The judge then asked, “Did you prepare the March 1st memo?”

“Yes, I used Fastcase, but it did not have federal cases that I needed to find. I tried Google. I had heard of ChadGPT.”

“Alright, what did it produce for you?”

“I asked it questions.”

“About the Montreal Convention or the position you wanted to take?”

“Yes, for our position.”

“You were not asking for an objective view, but cases to support your position?”

“I asked it for its analysis.”

“Did you ask ChatGPT what the law was or only for a case to support you? It wrote a case for you. Do you cite cases without reading them?”

“No.”

“What caused your departure here?”

“I thought ChatGPT was a search engine.”

Then the judge leaned in and asked, “Did you look for the Varghese case?”

“Yes, I couldn’t find it.”

“And yet you cited it in your filing.”

“I had no idea ChatGPT made up cases. I was operating under a misperception.”

“Mr. Schwartz, I think you were selling yourself short. You say you verify cases.”

“I thought they were cases that could not be found on Google.”

“Six cases, none found on Google. This non-existent case of Varghese, the excerpt you had was inconsistent even on the first page. Can we agree that’s legal gibberish?”

“I see that now. I thought it was excerpts.”

Judge Castel continued, “Avianca put your cases in quotations. You know what F.3D means, right?” 

Schwartz replies, “Federal district, third department?”

The judge then asks, “Have you heard of the federal reporter?”

“Yes.”

The judge asks, “that’s a book, right?”

Schwartz answers, “Correct.”

The judge then goes in for the kill one more time and asks, “So you were the one going on vacation returning on April 18th?”

“Yes.”

“When you saw the court’s order it wanted to see the cases, did it cross your mind that the court checked for the cases?”

“I wanted to comply.”

The judge continues, “you told me that ChatGPT supplemented your research, but what was it supplementing?”

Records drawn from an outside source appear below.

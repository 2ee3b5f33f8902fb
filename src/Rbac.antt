-- ===== src/Rbac.antt =====
-- rbac/rbac.go: roles, users and permissions, which are all strings. A map is a function with `none`
-- for a missing key, and a set of strings a list in which one string stands at most once. The
-- mutex has no counterpart. The hash of a password is the work of credentials.go and of the
-- library under it, so `Credential`, `hashPassword` and `Verify` are arguments.
pub mod Laws
pub mod Runs
use isopace.Common.{
  ℕ, zero, suc, ◌+◌, ◌-◌, Bool, true, false, ◌||◌, ◌&&◌, not, Option, none, some, List, [], ◌∷◌,
  ◌++◌,
}
use isopace.Common.{◌==◌, if◌then◌else◌, Bytes, eq_bytes, length, take, drop, ltb, Result, ok, err}

-- `userRec`
pub record User (Credential : Type 0) : Type 0 where
  pub roles : List Bytes
  pub cred : Option Credential

pub record Policy (Credential : Type 0) : Type 0 where
  pub roles : Bytes → Option (List Bytes)
  pub users : Bytes → Option (User Credential)

pub data RbacError : Type 0 where
  no_such_user hash_error : RbacError

-- `m[key] = v`
pub put : {A : Type 0} → Bytes → A → (Bytes → Option A) → Bytes → Option A
put key v m k = if eq_bytes k key then some v else m k

-- The members of a set.
pub has : Bytes → List Bytes → Bool
has x [] = false
has x (y ∷ ys) = eq_bytes x y || has x ys

pub insert : Bytes → List Bytes → List Bytes
unfolding has
insert x xs = if has x xs then xs else x ∷ xs

-- `delete(set, x)`
pub remove : Bytes → List Bytes → List Bytes
remove x [] = []
remove x (y ∷ ys) = let rest = remove x ys in if eq_bytes x y then rest else y ∷ rest

pub set_of : List Bytes → List Bytes
unfolding insert
set_of [] = []
set_of (x ∷ xs) = insert x (set_of xs)

pub has_prefix : Bytes → Bytes → Bool
has_prefix s [] = true
has_prefix [] (p ∷ ps) = false
has_prefix (c ∷ s) (p ∷ ps) = c == p && has_prefix s ps

pub has_suffix : Bytes → Bytes → Bool
has_suffix s suffix =
    if ltb (length s) (length suffix)
    then false
    else eq_bytes (drop (length s - length suffix) s) suffix

abbrev pub star : Bytes
star = b'*' ∷ []

abbrev pub colon_star : Bytes
colon_star = b':' ∷ b'*' ∷ []

-- `permMatch`
pub perm_match : Bytes → Bytes → Bool
unfolding has_prefix has_suffix
perm_match granted requested =
    if eq_bytes granted star || eq_bytes granted requested
    then true
    else if has_suffix granted colon_star
    then has_prefix requested (take (length granted - 1) granted)
    else false

-- The inner loop of `Can`.
pub any_match : Bytes → List Bytes → Bool
unfolding perm_match
any_match perm [] = false
any_match perm (g ∷ gs) = perm_match g perm || any_match perm gs

module _ {Credential : Type 0} where
  abbrev pub new_policy : Policy Credential
  new_policy = record { roles = λ _. none; users = λ _. none }

  pub add_role : Bytes → List Bytes → Policy Credential → Policy Credential
  unfolding put set_of
  add_role name perms p = record p { roles = put name (set_of perms) p.roles }

  pub add_user : Bytes → List Bytes → Policy Credential → Policy Credential
  unfolding put set_of
  add_user name roles p =
      let cred : Option Credential = elim (p.users name) [ none ↦ none | some u ↦ u.cred ] in
      record p { users = put name (record { roles = set_of roles; cred = cred }) p.users }

  pub grant : Bytes → Bytes → Policy Credential → Result RbacError (Policy Credential)
  unfolding put insert
  grant user role p = elim (p.users user) [
    | none ↦ err no_such_user
    | some u ↦ ok (record p { users = put user (record u { roles = insert role u.roles }) p.users })
  ]

  pub revoke : Bytes → Bytes → Policy Credential → Result RbacError (Policy Credential)
  unfolding put remove
  revoke user role p = elim (p.users user) [
    | none ↦ err no_such_user
    | some u ↦ ok (record p { users = put user (record u { roles = remove role u.roles }) p.users })
  ]

  -- `SetPassword`, with what `hashPassword` answers.
  pub set_password :
      (Bytes → Option Credential)
      → Bytes
      → Bytes
      → Policy Credential
      → Result RbacError (Policy Credential)
  unfolding put
  set_password hash user password p = elim (hash password) [
    | none ↦ err hash_error
    | some c ↦ elim (p.users user) [
      | none ↦ err no_such_user
      | some u ↦ ok (record p { users = put user (record u { cred = some c }) p.users })
    ]
  ]

  -- `Authenticate`; the work on the dummy credential has no effect.
  pub authenticate : (Credential → Bytes → Bool) → Bytes → Bytes → Policy Credential → Bool
  authenticate verify user password p = elim (p.users user) [
    | none ↦ false
    | some u ↦ elim u.cred [ none ↦ false | some c ↦ verify c password ]
  ]

  -- A role that is not defined grants nothing.
  pub role_can : Policy Credential → Bytes → Bytes → Bool
  unfolding any_match
  role_can p role perm = elim (p.roles role) [ none ↦ false | some gs ↦ any_match perm gs ]

  -- The outer loop of `Can`.
  pub any_role : Policy Credential → Bytes → List Bytes → Bool
  unfolding role_can
  any_role p perm [] = false
  any_role p perm (r ∷ rs) = role_can p r perm || any_role p perm rs

  pub can : Policy Credential → Bytes → Bytes → Bool
  unfolding any_role
  can p user perm = elim (p.users user) [ none ↦ false | some u ↦ any_role p perm u.roles ]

“I’d used Fastcase at the beginning.”

“ChatGPT wasn’t supplementing your research. It was your research, right?”

“Yes.”

The Judge then ended his questioning opining, “‘ll be taking this under advisement and entering a written decision. It’s been called a mistake, but there’s more. The record will reflect whether that put Mr. Schwartz and Mr. LoDuca on actual notice that their cases were non-existent. Mr. LoDuca was asked for the cases. We know what he did, and Mr. Schwartz did.”

In the end, Judges can sniff out falsehoods in a heartbeat. Once branded a liar, an attorney will lose all influence, and this case was no different. Ultimately, the Judge handed down a joint fine of $5,000 to the lawyers and the firm, but the crash landing of AI lawyering in Judge Castel’s courtroom will not soon be forgotten. Although this folly may have diverted the trajectory of AI in law, it has not grounded the mission entirely. This was merely one flimsy prototype grounded quickly on the runway. More thoughtful integration of human and machine may still reinvent legal work for a new era. Yet, the integrated cockpit of man and the legal machine still has a long flight ahead.